Cystic Fibrosis – Patient Information

What is Cystic Fibrosis?

Cystic Fibrosis is a hereditary disease resulting from a defective gene which affects the body’s ability to transport salt and water in and out of the cells.

Cystic Fibrosis is a long term life limiting disease which can be managed but not cured. A combination of too much salt and insufficient water leads to a build up of thick, sticky mucus inside the body’s organs and passageways, especially the lungs and digestive system, making it difficult to breathe and digest food.

What are the Symptoms of Cystic Fibrosis?

What are the symptoms of Cystic Fibrosis?

Babies born with Cystic Fibrosis tend to be symptomatic from an early age and are generally diagnosed within a relatively short period of time. Some newborn babies with cystic fibrosis can have dificulties with their bowels which requires an operation to correct the problem.

Long term symptoms of Cystic Fibrosis can include an incessant cough, repeated chest infections, increased phlegm production, prolonged diarrhoea and poor weight gain.  It is common for people with CF to encounter difficulties with their lungs and digestive system. Physiotherapy and medication help to control lung infections and prevent lung damage.

What causes Cystic Fibrosis?

A person carries two copies of the gene associated with Cystic Fibrosis. If one of these genes is defective then this makes the person a carrier. For a child to have the possibility of inheriting the disease, a defective CF gene must be present in both parents.
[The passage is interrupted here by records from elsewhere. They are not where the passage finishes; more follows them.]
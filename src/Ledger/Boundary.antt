-- ===== src/Ledger/Boundary.antt =====
-- How a row of the ledger of internal/store/store.go changes over calls: only along the legal
-- transitions, and never back over the send boundary.
use jetkvm_cli.Base.{
  ℕ, ◌+◌, ◌≡◌, refl, subst, str_eq_refl, inl, inr, true, some, List, [], ◌∷◌, arith, ◌==◌, ok,
  if◌then◌else◌, Bool-cases, Result-cases,
}
use jetkvm_cli.Operation.{
  Stage, Receipt, Patch, Request, not_sent, send_started, unknown_stage, same_stage, validate_patch,
}
use jetkvm_cli.Ledger.Table.{find, find-id, find-update_row, update_row}
use jetkvm_cli.Ledger.Commit.{transition_rows-ok, recover_one-ok}
use jetkvm_cli.Ledger.{
  Store, Call, LockAnswer, begins, transitions, recovers, purges, new_row, patched_row,
  recovered_row, insert_row, begin_rows, transition_rows, recover_one, recover_rows, step, begin,
  transition, recover_interrupted, take_lock,
}

-- What one call may do to a row.
pub data Change (r : Receipt) (r' : Receipt) : Type 0 where
  moved :
      (to : Stage) (p : Patch) (now : ℕ)
      → validate_patch r.stage to p ≡ ok tt
      → r' ≡ patched_row r to p now
      → Change r r'
  recovered : (now : ℕ) → r.stage ≡ send_started → r' ≡ recovered_row r now → Change r r'

pub data Evolution (r : Receipt) : Receipt → Type 0 where
  here : Evolution r r
  next : {m r' : Receipt} → Evolution r m → Change m r' → Evolution r r'

-- The row of an ID after a call, as an evolution of the row before.
abbrev pub Kept : ℕ → Receipt → List Receipt → Type 0
Kept id r rows = (r' : Receipt) × (find id rows ≡ some r') × Evolution r r'

same_stage_refl : (s : Stage) → same_stage s s ≡ true
same_stage_refl (unknown_stage t) = str_eq_refl t
same_stage_refl not_sent = refl
same_stage_refl _ = refl

update_row-Kept :
    (id j : ℕ) (old new r : Receipt) (rs : List Receipt)
    → find id rs ≡ some old
    → new.id ≡ id
    → Change old new
    → find j rs ≡ some r
    → Kept j r (update_row id old.stage new rs).0
update_row-Kept id j old new r rs h same change e = elim (Bool-cases (id == j)) [
  | inl own ↦
      (new, ground (arith, written.0), next here (subst (λ x. Change x new) (ground arith) change))
  | inr other ↦ (r, ground (arith, written.0), here)
]
  where
    written :
        (find j (update_row id old.stage new rs).0 ≡ (if id == j then some new else find j rs))
        × ((update_row id old.stage new rs).1 ≡ 1)
    written = find-update_row id j old.stage old new rs h (same_stage_refl old.stage) same

transition_rows-Kept :
    (rows : List Receipt) (id j : ℕ) (to : Stage) (p : Patch) (now : ℕ) (new : List Receipt)
    (x r : Receipt)
    → transition_rows rows id to p now ≡ ok (new, x)
    → find j rows ≡ some r
    → Kept j r new
unfolding patched_row
transition_rows-Kept rows id j to p now new x r e h =
    let (current, found, valid, checked, written, result) =
      transition_rows-ok rows id to p now new x e in
    rw written (
      update_row-Kept id j current (patched_row current to p now) r rows found
        (find-id id rows current found) (moved to p now valid refl) h)

begin-Kept :
    (s : Store) (request : Request) (now j : ℕ) (r : Receipt)
    → find j s.rows ≡ some r
    → find j (begin s request now).0.rows ≡ some r
unfolding begin begin_rows insert_row find new_row
begin-Kept s request now j r h = ground arith

transition-Kept :
    (s : Store) (id j : ℕ) (to : Stage) (p : Patch) (now : ℕ) (answer : LockAnswer) (r : Receipt)
    → find j s.rows ≡ some r
    → Kept j r (transition s id to p now answer).0.rows
unfolding transition
transition-Kept s id j to p now answer r h = elim (Result-cases (take_lock s.owners id to answer)) [
  | inl (e, refused) ↦ rw (refused, transition) (r, h, here)
  | inr ((owners, fresh), taken) ↦ elim (Result-cases (transition_rows s.rows id to p now)) [
    | inl (e, refused) ↦ rw (taken, transition, refused) (r, h, here)
    | inr ((new, x), done) ↦
        rw (taken, transition, done) (transition_rows-Kept s.rows id j to p now new x r done h)
  ]
]

recover_one-Kept :
    (rows : List Receipt) (id now : ℕ) (answer : LockAnswer) (new : List Receipt) (n j : ℕ)
    (r : Receipt)
    → recover_one rows id now answer ≡ ok (new, n)
    → find j rows ≡ some r
    → Kept j r new
unfolding recovered_row
recover_one-Kept rows id now answer new n j r e h =
    elim (recover_one-ok rows id now answer new n e) [
      | inl same ↦ rw same (r, h, here)
      | inr (old, found, interrupted, written) ↦
          rw (written, ← interrupted)
            (update_row-Kept id j old (recovered_row old now) r rows found
              (find-id id rows old found) (recovered now interrupted refl) h)
    ]

pub Evolution-trans : {a b c : Receipt} → Evolution a b → Evolution b c → Evolution a c
Evolution-trans e here = e
Evolution-trans e (next f change) = next (Evolution-trans e f) change

recover_rows-Kept :
    (ids : List ℕ) (rows : List Receipt) (n now : ℕ) (answers : ℕ → LockAnswer) (j : ℕ)
    (r : Receipt)
    → find j rows ≡ some r
    → Kept j r (recover_rows ids rows n now answers).0
unfolding recover_rows
recover_rows-Kept [] rows n now answers j r h = (r, h, here)
recover_rows-Kept (id ∷ ids) rows n now answers j r h =
    elim (Result-cases (recover_one rows id now (answers id))) [
      | inl (e, refused) ↦ rw (refused, recover_rows) (r, h, here)
      | inr ((new, count), done) ↦
          let (m, found, before) = recover_one-Kept rows id now (answers id) new count j r done h in
          let (r', found', after) = recover_rows-Kept ids new (n + count) now answers j m found in
          rw (done, recover_rows) (r', found', Evolution-trans before after)
    ]

abbrev pub IsPurge : Call → Type 0
IsPurge (purges cutoff) = Unit {0}
IsPurge _ = ⊥

pub step-Kept :
    (s : Store) (c : Call) (j : ℕ) (r : Receipt)
    → (¬ IsPurge c)
    → find j s.rows ≡ some r
    → Kept j r (step s c).rows
unfolding step recover_interrupted
step-Kept s (begins request now) j r k h = (r, begin-Kept s request now j r h, here)
step-Kept s (transitions id to p now answer) j r k h = transition-Kept s id j to p now answer r h
step-Kept s (recovers now answers) j r k h = recover_rows-Kept _ s.rows 0 now answers j r h
step-Kept s (purges cutoff) j r k h = absurd (k tt)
A child born to two carriers of the gene will not automatically inherit Cystic Fibrosis from them but instead, each child has a 1 in 4 chance of suffering from the disease.
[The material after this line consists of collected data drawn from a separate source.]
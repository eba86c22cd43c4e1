-- ===== src/Operation/Patches.antt =====
-- What internal/operation/operation.go guarantees of the patches that it accepts.
use jetkvm_cli.Base.{◌≡◌, ◌≢◌, ◌↔◌, ◌⊎◌, true, false, arith, ok, eq_iff}
use jetkvm_cli.Operation.{
  Stage, Delivery, Patch, not_sent, send_started, observation_started, state_observed, failed,
  ambiguous, cancelled, unsent, possibly_sent, accepted, pending, observed, validate_patch,
}

-- An accepted patch reports `retry_safe` exactly when it reports that nothing was sent, and then
-- only as the end, by failure or cancellation, of an operation that was not sent.
pub validate_patch-retry_safe :
    (from to : Stage) (p : Patch)
    → validate_patch from to p ≡ ok tt
    → ((p.retry_safe ≡ true) ↔ (p.delivery ≡ unsent))
      × ((p.retry_safe ≡ false) ⊎ ((from ≡ not_sent) × ((to ≡ failed) ⊎ (to ≡ cancelled))))
unfolding validate_patch
validate_patch-retry_safe from to p h = ground arith

-- The delivery that a transition has to report.
abbrev pub owed_delivery : Stage → Stage → Delivery
owed_delivery not_sent send_started = possibly_sent
owed_delivery not_sent to = unsent
owed_delivery from ambiguous = possibly_sent
owed_delivery from to = accepted

-- An accepted patch reports the delivery that the edge owes: `possibly_sent` on the way into
-- `send_started` and `ambiguous`, `unsent` on every other edge out of `not_sent`, and `accepted` on
-- all others; it always carries a terminal claim.
pub validate_patch-delivery :
    (from to : Stage) (p : Patch)
    → validate_patch from to p ≡ ok tt
    → (p.delivery ≡ owed_delivery from to) × (p.terminal_claim ≢ "")
unfolding validate_patch
validate_patch-delivery from to p h = ground (arith, eq_iff p.terminal_claim "")

-- An accepted patch into `state_observed` carries an observed verification with an observation ID,
-- and one into `observation_started` a pending verification.
pub validate_patch-evidence :
    (from to : Stage) (p : Patch)
    → validate_patch from to p ≡ ok tt
    → (to ≡ state_observed
        → (p.verification.status ≡ observed) × (p.verification.observation_id ≢ ""))
      × (to ≡ observation_started → p.verification.status ≡ pending)
unfolding validate_patch
validate_patch-evidence from to p h = ground (arith, eq_iff p.verification.observation_id "")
Cystic Fibrosis Diagnosis and Treatment

Diagnosis of Cystic Fibrosis

Cystic Fibrosis is a disease which is often diagnosed at birth or shortly afterwards. Babies born with CF suffer with bowel problems and struggle to gain weight.

There is currently no cure for Cystic Fibrosis. The treatment available is designed to alleviate the symptoms and help to manage the condition more effectively to ensure sufferers can lead their lives in as normal a way as possible.
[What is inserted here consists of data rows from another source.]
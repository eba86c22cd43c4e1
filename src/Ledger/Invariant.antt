-- ===== src/Ledger/Invariant.antt =====
-- What every row of the ledger of internal/store/store.go satisfies, after any calls.
use jetkvm_cli.Base.{
  keep_if-All, ℕ, ◌+◌, ◌≡◌, ◌↔◌, inl, inr, true, none, some, List, [], ◌∷◌, arith, All, ok,
  Option-cases, Result-cases,
}
use jetkvm_cli.Operation.{
  Stage, Receipt, Patch, Request, not_sent, send_started, unsent, validate_patch,
}
use jetkvm_cli.Operation.Patches.{validate_patch-retry_safe, validate_patch-delivery}
use jetkvm_cli.Ledger.Table.{
  row_check, times_check, find, find-All, update_row-All, needs_send_time, is_some,
}
use jetkvm_cli.Ledger.Commit.{transition_rows-ok}
use jetkvm_cli.Ledger.{
  Store, Call, LockAnswer, new_row, patched_row, recovered_row, insert_row, begin_rows,
  transition_rows, recover_one, recover_rows, step, run, begin, transition, recover_interrupted,
  purge_terminal_before, take_lock, begins, transitions, recovers, purges, empty_store,
}

-- A row passes the table's constraints; it is safe to retry exactly when nothing of it was sent,
-- which is exactly when it has no send time.
pub record IsSound (r : Receipt) : Type 0 where
  pub checked : row_check r ≡ true
  pub retry_unsent : (r.retry_safe ≡ true) ↔ (r.delivery ≡ unsent)
  pub unsent_untimed : (r.delivery ≡ unsent) ↔ (r.send_started_at ≡ none)

row_check-times :
    (r : Receipt)
    → row_check r ≡ true
    → (needs_send_time r.stage ≡ true → is_some r.send_started_at ≡ true)
      × (r.stage ≡ not_sent → r.send_started_at ≡ none)
unfolding row_check times_check
row_check-times r h = ground arith

new_row-IsSound :
    (request : Request) (now : ℕ)
    → row_check (new_row request now) ≡ true
    → IsSound (new_row request now)
unfolding new_row
new_row-IsSound request now h = record {
  checked = h;
  retry_unsent = ground arith;
  unsent_untimed = ground arith;
}

recovered_row-IsSound :
    (r : Receipt) (now : ℕ)
    → r.stage ≡ send_started
    → IsSound r
    → row_check (recovered_row r now) ≡ true
    → IsSound (recovered_row r now)
unfolding recovered_row
recovered_row-IsSound r now s v h = record {
  checked = h;
  retry_unsent = ground arith;
  unsent_untimed = ground (arith, row_check-times r v.checked);
}

patched-untimed :
    (r : Receipt) (to : Stage) (p : Patch) (now : ℕ)
    → IsSound r
    → validate_patch r.stage to p ≡ ok tt
    → (p.delivery ≡ unsent) ↔ ((patched_row r to p now).send_started_at ≡ none)
unfolding patched_row validate_patch
patched-untimed r to p now v valid =
    ground (arith, row_check-times r v.checked, validate_patch-delivery r.stage to p valid)

patched_row-IsSound :
    (r : Receipt) (to : Stage) (p : Patch) (now : ℕ)
    → IsSound r
    → validate_patch r.stage to p ≡ ok tt
    → row_check (patched_row r to p now) ≡ true
    → IsSound (patched_row r to p now)
unfolding patched_row
patched_row-IsSound r to p now v valid h = record {
  checked = h;
  retry_unsent = (validate_patch-retry_safe r.stage to p valid).0;
  unsent_untimed = patched-untimed r to p now v valid;
}

abbrev pub AllSound : Store → Type 0
AllSound s = All IsSound s.rows

begin-AllSound :
    (s : Store) (request : Request) (now : ℕ) → AllSound s → AllSound (begin s request now).0
unfolding begin begin_rows insert_row
begin-AllSound s request now h = ground (arith, new_row-IsSound request now)

transition_rows-AllSound :
    (rows : List Receipt) (id : ℕ) (to : Stage) (p : Patch) (now : ℕ) (new : List Receipt)
    (r : Receipt)
    → All IsSound rows
    → transition_rows rows id to p now ≡ ok (new, r)
    → All IsSound new
transition_rows-AllSound rows id to p now new r h e =
    let (current, found, valid, checked, written, result) =
      transition_rows-ok rows id to p now new r e in
    rw written (
      update_row-All IsSound id current.stage (patched_row current to p now) rows h (
        patched_row-IsSound current to p now (find-All IsSound id rows current h found) valid
          checked))

transition-AllSound :
    (s : Store) (id : ℕ) (to : Stage) (p : Patch) (now : ℕ) (answer : LockAnswer)
    → AllSound s
    → AllSound (transition s id to p now answer).0
unfolding transition
transition-AllSound s id to p now answer h = elim (Result-cases (take_lock s.owners id to answer)) [
  | inl (e, refused) ↦ rw (refused, transition) h
  | inr ((owners, fresh), taken) ↦ elim (Result-cases (transition_rows s.rows id to p now)) [
    | inl (e, refused) ↦ rw (taken, transition, refused) h
    | inr ((new, r), done) ↦
        rw (taken, transition, done) (transition_rows-AllSound s.rows id to p now new r h done)
  ]
]

recover_one-AllSound :
    (rows : List Receipt) (id now : ℕ) (answer : LockAnswer) (new : List Receipt) (n : ℕ)
    → All IsSound rows
    → recover_one rows id now answer ≡ ok (new, n)
    → All IsSound new
unfolding recover_one
recover_one-AllSound rows id now answer new n h e = elim (Option-cases (find id rows)) [
  | inl missing ↦ ground arith
  | inr (r, found) ↦ ground (
    arith,
    update_row-All IsSound id send_started (recovered_row r now) rows,
    recovered_row-IsSound r now,
    find-All IsSound id rows r,
  )
]

recover_rows-AllSound :
    (ids : List ℕ) (rows : List Receipt) (n now : ℕ) (answers : ℕ → LockAnswer)
    → All IsSound rows
    → All IsSound (recover_rows ids rows n now answers).0
unfolding recover_rows
recover_rows-AllSound [] rows n now answers h = h
recover_rows-AllSound (id ∷ ids) rows n now answers h =
    elim (Result-cases (recover_one rows id now (answers id))) [
      | inl (e, refused) ↦ rw (refused, recover_rows) h
      | inr ((new, count), done) ↦
          rw (done, recover_rows)
            (recover_rows-AllSound ids new (n + count) now answers
              (recover_one-AllSound rows id now (answers id) new count h done))
    ]

step-AllSound : (s : Store) (c : Call) → AllSound s → AllSound (step s c)
unfolding step recover_interrupted purge_terminal_before
step-AllSound s (begins request now) h = begin-AllSound s request now h
step-AllSound s (transitions id to p now answer) h = transition-AllSound s id to p now answer h
step-AllSound s (recovers now answers) h = recover_rows-AllSound _ s.rows 0 now answers h
step-AllSound s (purges cutoff) h = keep_if-All IsSound _ s.rows h

run-AllSound : (s : Store) (cs : List Call) → AllSound s → AllSound (run s cs)
unfolding run
run-AllSound s [] h = h
run-AllSound s (c ∷ cs) h = run-AllSound (step s c) cs (step-AllSound s c h)

-- Whatever calls the ledger of a new database has served, every row passes the table's constraints,
-- is marked safe to retry exactly when its delivery is `unsent`, and has a send time exactly when
-- its delivery is not `unsent`.
pub run-IsSound :
    (cs : List Call) (id : ℕ) (r : Receipt) → find id (run empty_store cs).rows ≡ some r → IsSound r
run-IsSound cs id r h = find-All IsSound id _ r (run-AllSound empty_store cs tt) h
How is Cystic Fibrosis treated?

CF is treated with a combination of medication, physiotherapy and exercise:

Medication – The three main types of drugs used to treat CF in the lungs are Bronchodilator medicines to open up the airways; antibiotics to fight off infection; and steroids to ease inflammation. To aid digestion CF sufferers are also required to take pancreatic enzymes with every meal and snack. Some CF medicines such as Bronchodilators can be administered by inhalation using a nebuliser. A nebuliser is a device which transforms liquid medication into a fine mist for inhalation deep into the lungs using a mask or mouthpiece.

Physiotherapy – Daily physiotherapy is essential for clearing mucus from the airways and minimising infection. Initially physiotherapy is carried out in the home by a parent or carer. Once old enough to manage their own therapy, CF sufferers will carry out their own daily routine.

Exercise – Daily exercise is very important for maintaining good lung health and physical strength and is an integral part of treating and managing Cystic Fibrosis.

Cystic Fibrosis FAQs

  • Who suffers from Cystic Fibrosis?
    CF is a hereditary disease affecting both males and females and is commonly diagnosed within the first year of a baby’s life.
  • How important is diet to a person with CF? 
    Diet is particularly important for Cystic Fibrosis sufferers. Cystic Fibrosis can also affect the pancreas, blocking the transfer of enzymes required for digestion. As food is not digested correctly fat is lost rather than being absorbed by the body and a diet rich in calories and protein is therefore important for maintaining a healthy body weight.
  • I use a nebuliser for taking my medication. Can I use this when travelling abroad?
    It is recommended that you check the voltage requirements for your unit before travelling. Always check with the device manufacturer’s recommendations for travel as you may require a voltage converter or adapter.
  • How do I know if I am a carrier of the gene associated with Cystic Fibrosis?
    Most carriers are unaware that they have the Cystic Fibrosis gene. If there is a history of CF in the family or you are concerned, it is recommended that you seek professional medical advice.
  • What is the advantage of using a nebuliser for my medication?
    Nebulisers transform liquid medication into a mist which can be inhaled through a mask or mouthpiece. This method administers medication deep into lungs where it is most needed.
  • As a sufferer of cystic fibrosis, will I require oxygen?
    In severe cases it may be necessary for a person suffering from CF to receive oxygen to help with their breathing. This is usually due to reduced lung capacity in more advanced or severe cases of the disease. Oxygen can be delivered in the home using an oxygen concentrator. The advantages of oxygen therapy for CF patients include a more restful sleep and improved overall feeling of wellbeing.